[Start of section]
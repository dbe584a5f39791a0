-- ===== src/Catalog/Scalars.antt =====
-- The readers of loosely typed settings: `_as_bool`, `_as_list`, `_clean_string`, `_first_present`
-- and `_append_clean_unique`.
pub mod Laws
use homecluster_infra.Base.{
  String, Bool, true, false, ◌||◌, ◌&&◌, not, List, [], ◌∷◌, ◌++◌, ◌==◌, string_eq, strip, split,
  lower_is, contains, if◌then◌else◌,
}
use homecluster_infra.Value.{Value, null, bool, int, str, list, dict, to_list, text, truth}

unfoldable pub as_bool : Value → Bool
unfolding truth
as_bool (bool b) = b
as_bool null = false
as_bool (str s) =
    let word = strip s in
    lower_is word "1" || lower_is word "true" || lower_is word "yes" || lower_is word "on"
as_bool v = truth v

-- `[item.strip() for item in items if item.strip()]`
unfoldable pub stripped : List String → List Value
stripped [] = []
stripped (item ∷ rest) =
    let more = stripped rest in if strip item == "" then more else str (strip item) ∷ more

unfoldable pub as_list : Value → List Value
unfolding stripped
as_list null = []
as_list (str s) = stripped (split b',' s)
as_list (list xs) = to_list xs
as_list v = v ∷ []

unfoldable pub clean_string : Value → String
unfolding text
clean_string null = ""
clean_string v = strip (text v)

-- The values are the arguments of `_first_present`, in order.
unfoldable pub first_present : List Value → Value
first_present [] = null
first_present (null ∷ rest) = first_present rest
first_present (v ∷ rest) = v

-- The list comes back, which the source appends to in place.
unfoldable pub append_clean_unique : List String → Value → List String
append_clean_unique items value =
    let item = clean_string value in
    if not (item == "") && not (contains items item) then items ++ item ∷ [] else items

-- `[_clean_string(item) for item in items if _clean_string(item)]`
unfoldable pub clean_strings : List Value → List String
clean_strings [] = []
clean_strings (item ∷ rest) =
    let more = clean_strings rest in
    if clean_string item == "" then more else clean_string item ∷ more

-- `for item in values: _append_clean_unique(items, item)`
unfoldable pub append_all : List String → List Value → List String
append_all items [] = items
append_all items (value ∷ rest) = append_all (append_clean_unique items value) rest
[End of section]
■ WHAT YOU ARE ASKED TO DO:
The lines above that hold the string "else" are to be located and copied.

■ ANSWER TO THIS TASK:
  lower_is, contains, if◌then◌else◌,
    let more = stripped rest in if strip item == "" then more else str (strip item) ∷ more
    if not (item == "") && not (contains items item) then items ++ item ∷ [] else items
    if clean_string item == "" then more else clean_string item ∷ more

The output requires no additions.